看来这皮确实值几个钱,现在就是胡扯提高熊皮的身价了。我露出忠厚老实的样子,信口开河道:“尊敬的酋长,这绝对不是一块普通的熊皮,是南无阿弥陀佛就寝用过的熊皮。”
“南无阿弥陀佛?”他一脸的奇怪与疑问。
“南无阿弥陀佛都不知道?”我眼睛一瞪,循循诱导道:“那你应该知道旁边的大城市吧?”
“是克阿鲁?”他疑惑道。
我脑中一扫描,没有这个名词,马上道:“可敬的酋长,再旁边规模再大一些的。”
“你说是土库扎伊?”他又念出了一个城市名。
还是我不知道的城市,不由抡起拳头一挥道:“再旁边再大!”
“不会说是万神之都的科潘吧?”他露出一脸的尊敬。
终于有了个定位的基准点了,那是危地马拉北部的一个著名玛雅遗迹,那著名的万神大殿……对了!现在还不到遗迹的时候,只是不知道是不是整个玛雅地区的文化经济中心。根据时间推算,现在正是玛雅古典时期的末期,战火很快就会燃起,新的城市相继崛起,原有的城市会被历史的尘埃淹没。对我来说那就是一个活的历史博物馆,如果不是急着回家,还真想看看古玛雅即将过去的繁华。

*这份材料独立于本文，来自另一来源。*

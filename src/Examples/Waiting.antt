-- ===== src/Examples/Waiting.antt =====
-- Waiters in the small model, each lane oldest first.
use tls.Base.{
  ℕ, ◌≡◌, ◌==◌, refl, ap, ◌∙◌, subst, inl, inr, Bool, Bool-cases, Option-cases, true, false, Option,
  none, some, Result, ok, List, [], ◌∷◌, ◌++◌, is_nil, arith,
}
use tls.Tls.Waiters.{
  Resource, recv, handshake_egress, Lanes, Queue, QueueCall, registers, takes, wakes, drops,
  cancels, calls,
}
use tls.Tls.Waiters.Waits.{joined, headed, Without, same, out, is_one}
use tls.Tls.Waiters.Fated.{Ended}
use tls.Tls.Waiters.Turns.{TurnLaws, pops, turns, calls-Ended}

pub record Line : Type 0 where
  pub receiving : List ℕ
  pub sending : List ℕ

abbrev lane_of : Resource → Line → List ℕ
lane_of recv f = f.receiving
lane_of handshake_egress f = f.sending

abbrev with_lane : Resource → Line → List ℕ → Line
with_lane recv f xs = record f { receiving = xs }
with_lane handshake_egress f xs = record f { sending = xs }

abbrev line_insert : Resource → Line → ℕ → ℕ → Result (Unit {0}) Line
line_insert recv f i h = ok (record f { receiving = f.receiving ++ (h ∷ []) })
line_insert handshake_egress f i h = ok (record f { sending = f.sending ++ (h ∷ []) })

abbrev first_of : List ℕ → Option (ℕ × List ℕ)
first_of [] = none
first_of (x ∷ xs) = some (x, xs)

abbrev last_of : List ℕ → Option (ℕ × List ℕ)
last_of [] = none
last_of (x ∷ xs) = elim (last_of xs) [ none ↦ some (x, []) | some (y, ys) ↦ some (y, x ∷ ys) ]

abbrev found_in : (ℕ → Bool) → List ℕ → Option (ℕ × List ℕ)
found_in t [] = none
found_in t (x ∷ xs) =
    let rest = found_in t xs in
    elim (t x) [
      | true ↦ some (x, xs)
      | false ↦ elim rest [ none ↦ none | some (y, ys) ↦ some (y, x ∷ ys) ]
    ]

abbrev put : Resource → Line → Option (ℕ × List ℕ) → Option (ℕ × Line)
put k f none = none
put k f (some (x, xs)) = some (x, with_lane k f xs)

abbrev line_remove : Line → (ℕ → Bool) → Option (ℕ × Line)
line_remove f t = elim (found_in t f.receiving) [
  | some (x, xs) ↦ some (x, record f { receiving = xs })
  | none ↦ put handshake_egress f (found_in t f.sending)
]

instance abbrev pub line_lanes : Lanes
line_lanes = record {
  Held = ℕ;
  Target = ℕ;
  EntryError = Unit {0};
  Fifo = Line;
  id = λ h. h;
  slot = λ i. i;
  same_id = λ i j. i == j;
  insert = line_insert;
  pop_front = λ k f. put k f (first_of (lane_of k f));
  is_empty = λ k f. is_nil (lane_of k f);
  remove_if = λ f i t. line_remove f t;
  rollback = λ k f. put k f (last_of (lane_of k f));
}

pub line_joined :
    (kind k : Resource) (f : Line) (i h : ℕ) {f' : Line}
    → line_insert kind f i h ≡ ok f'
    → lane_of k f' ≡ joined kind k (lane_of k f) h
line_joined recv recv f i h e = ground arith
line_joined recv handshake_egress f i h e = ground arith
line_joined handshake_egress recv f i h e = ground arith
line_joined handshake_egress handshake_egress f i h e = ground arith

pub no_first : (k : Resource) (f : Line) (xs : List ℕ) → put k f (first_of xs) ≡ none → xs ≡ []
no_first k f [] e = refl
no_first k f (x ∷ xs) e = absurd (ground arith)

first_headed :
    (kind k : Resource) (f : Line) (x : ℕ) (xs : List ℕ)
    → lane_of kind f ≡ x ∷ xs
    → lane_of k f ≡ headed kind k x (lane_of k (with_lane kind f xs))
first_headed recv recv f x xs e = e
first_headed recv handshake_egress f x xs e = refl
first_headed handshake_egress recv f x xs e = refl
first_headed handshake_egress handshake_egress f x xs e = e

pub line_headed :
    (kind k : Resource) (f : Line) (xs : List ℕ) {h : ℕ} {f' : Line}
    → lane_of kind f ≡ xs
    → put kind f (first_of xs) ≡ some (h, f')
    → lane_of k f ≡ headed kind k h (lane_of k f')
line_headed kind k f [] e p = absurd (ground arith)
line_headed kind k f (x ∷ xs) {h} {f'} e p =
    let one : x ≡ h = cc in
    let rest : with_lane kind f xs ≡ f' = cc in
    first_headed kind k f x xs e
    ∙ ap (λ y. headed kind k y (lane_of k (with_lane kind f xs))) one
    ∙ ap (λ g. headed kind k h (lane_of k g)) rest

Without-cons : (h x : ℕ) (xs ys : List ℕ) → Without h xs ys → Without h (x ∷ xs) (x ∷ ys)
Without-cons h x xs _ same = same
Without-cons h x xs _ (out before behind e) = out (x ∷ before) behind (ap (◌∷◌ x) e)

no_last : (xs : List ℕ) → last_of xs ≡ none → xs ≡ []
no_last [] e = refl
no_last (x ∷ xs) e = elim (Option-cases (last_of xs)) [
  | inl f ↦ absurd (ground arith)
  | inr ((y, ys), f) ↦ absurd (ground arith)
]

taken_from :
    {h x : ℕ} {xs ys zs : List ℕ}
    → Without x xs ys
    → ◌≡◌ {A = Option (ℕ × List ℕ)} (some (x, ys)) (some (h, zs))
    → Without h xs zs
taken_from {h} {x} {xs} {ys} {zs} w e =
    let one : x ≡ h = cc in
    let rest : ys ≡ zs = cc in subst (λ n. Without n xs zs) one (subst (Without x xs) rest w)

pub last-Without : (xs : List ℕ) {h : ℕ} {ys : List ℕ} → last_of xs ≡ some (h, ys) → Without h xs ys
last-Without [] e = absurd (ground arith)
last-Without (x ∷ xs) e = elim (Option-cases (last_of xs)) [
  | inl f ↦ taken_from (out [] [] (ap (◌∷◌ x) (no_last xs f))) (ground arith)
  | inr ((y, ys), f) ↦ taken_from (Without-cons y x xs ys (last-Without xs f)) (ground arith)
]

found-Without :
    (t : ℕ → Bool) (xs : List ℕ) {h : ℕ} {ys : List ℕ}
    → found_in t xs ≡ some (h, ys)
    → Without h xs ys
found-Without t [] e = absurd (ground arith)
found-Without t (x ∷ xs) e = elim (Bool-cases (t x)) [
  | inl f ↦ taken_from (out [] xs refl) (ground arith)
  | inr f ↦ elim (Option-cases (found_in t xs)) [
    | inl g ↦ absurd (ground arith)
    | inr ((y, ys), g) ↦ taken_from (Without-cons y x xs ys (found-Without t xs g)) (ground arith)
  ]
]

lane-Without :
    (kind k : Resource) (f : Line) (x : ℕ) (xs : List ℕ)
    → Without x (lane_of kind f) xs
    → Without x (lane_of k f) (lane_of k (with_lane kind f xs))
lane-Without recv recv f x xs w = w
lane-Without recv handshake_egress f x xs w = same
lane-Without handshake_egress recv f x xs w = same
lane-Without handshake_egress handshake_egress f x xs w = w

pub put-Without :
    (kind k : Resource) (f : Line) (r : Option (ℕ × List ℕ)) {h : ℕ} {f' : Line}
    → ((x : ℕ) (xs : List ℕ) → r ≡ some (x, xs) → Without x (lane_of kind f) xs)
    → put kind f r ≡ some (h, f')
    → Without h (lane_of k f) (lane_of k f')
put-Without kind k f none w e = absurd (ground arith)
put-Without kind k f (some (x, xs)) {h} {f'} w e =
    let one : x ≡ h = cc in
    let rest : with_lane kind f xs ≡ f' = cc in
    subst (λ n. Without n (lane_of k f) (lane_of k f')) one
      (subst (λ g. Without x (lane_of k f) (lane_of k g)) rest
        (lane-Without kind k f x xs (w x xs refl)))

pub remove-Without :
    (k : Resource) (f : Line) (t : ℕ → Bool) {h : ℕ} {f' : Line}
    → line_remove f t ≡ some (h, f')
    → Without h (lane_of k f) (lane_of k f')
remove-Without k f t {h} {f'} e = elim (Option-cases (found_in t f.receiving)) [
  | inl g ↦
      put-Without handshake_egress k f (found_in t f.sending)
        (λ x xs p. found-Without t f.sending p) (ground arith)
  | inr ((y, ys), g) ↦
      put-Without recv k f (found_in t f.receiving) (λ x xs p. found-Without t f.receiving p)
        (ground arith)
]

abbrev pub line_turns : TurnLaws
line_turns = record {
  lane = lane_of;
  insert-joined = line_joined;
  pop_front-none = λ k f e. no_first k f (lane_of k f) e;
  pop_front-headed = λ kind k f e. line_headed kind k f (lane_of kind f) refl e;
  remove_if-Without = λ k f i t e. remove-Without k f t e;
  rollback-Without = λ kind k f e.
      put-Without kind k f (last_of (lane_of kind f)) (λ x xs p. last-Without (lane_of kind f) p) e;
}

-- A queue in which 7 waits behind two others.
abbrev busy : Queue
busy = record { waiters = record { receiving = 3 ∷ 5 ∷ 7 ∷ []; sending = 2 ∷ [] }; fates = [] }

abbrev history : List QueueCall
history =
    wakes recv
    ∷ registers recv 9
    ∷ takes handshake_egress
    ∷ cancels 5
    ∷ registers handshake_egress 1
    ∷ drops handshake_egress
    ∷ takes recv
    ∷ wakes recv
    ∷ []

calls-Ended_example : Ended 7 busy (calls busy history)
unfolding turns pops is_one
calls-Ended_example =
    calls-Ended line_turns 7 recv 2 busy history
      (record { before = 3 ∷ 5 ∷ []; behind = []; found = refl; turn = omega arith }) (omega arith)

“酋长大人果然才智超众、英明盖世,一猜就中是伟大的南无阿弥陀佛。”我露出欣慰之色,道:“不过,现在重点是带着他祝福的熊皮,对于神的信徒来说可遇不可求,要不是……”我略一顿,露出回忆感伤的神态道:“唉!还有什么好说的……”
“真的假的?”他看着我的表情,搞不清怎么回事,估计智商也不高。
“做生意要诚信为本!最看不惯那些坑蒙拐骗的奸商!”我一脸严肃,收回熊皮以退为进道:“熊皮只卖神的有缘人,酋长大人请了!”
“我有说不要了吗?”看我转身准备离去,他就急了,应该是“宁信其有,不信其无”了。
“50盾!一角不能少!”我平静道。
他终于把手伸向怀里,我接过五枚十盾的金币,拱手一礼道:“愿神与酋长同在!”说完拉着背身的茜丫头飘然而去。我看到抬首的她一脸捉狭的笑容,笑什么笑的,难道老大我就不能偶尔客串一下奸商?好在还机灵,知道转身憋足笑意,要不泄漏底细那就没得糖果吃、没得新衣服穿了。
人与人之间的差别很多时候就是一身衣服,看脱下“百家衣”换上一身蓝绿彩衣的茜丫头还真象个富家子弟,虽然脸上还很有菜色,但一路来趴在背上只知道啃肥嫩的叫化鸡,那已经完全改变了当初的面黄肌瘦。从成衣店出来,她的大大小小的兜里就装满了各种动物造型的带柄糖。
我看到有个大棚子人山人海的场面特别火爆,自然是过去瞧一下热闹了,不料却是罪恶的奴隶交易市场。那是一群片缕不挂的年轻男女,在激烈的讨价还价声中如牲口般被带走。什么叫人格?什么是尊严?在这里统统归为两个字:狗屁!如果有能力,我也很想力所能及地帮上一把,可惜我只是一个倒霉蛋,一个匆匆过客,只能心中为之默默祈祷了。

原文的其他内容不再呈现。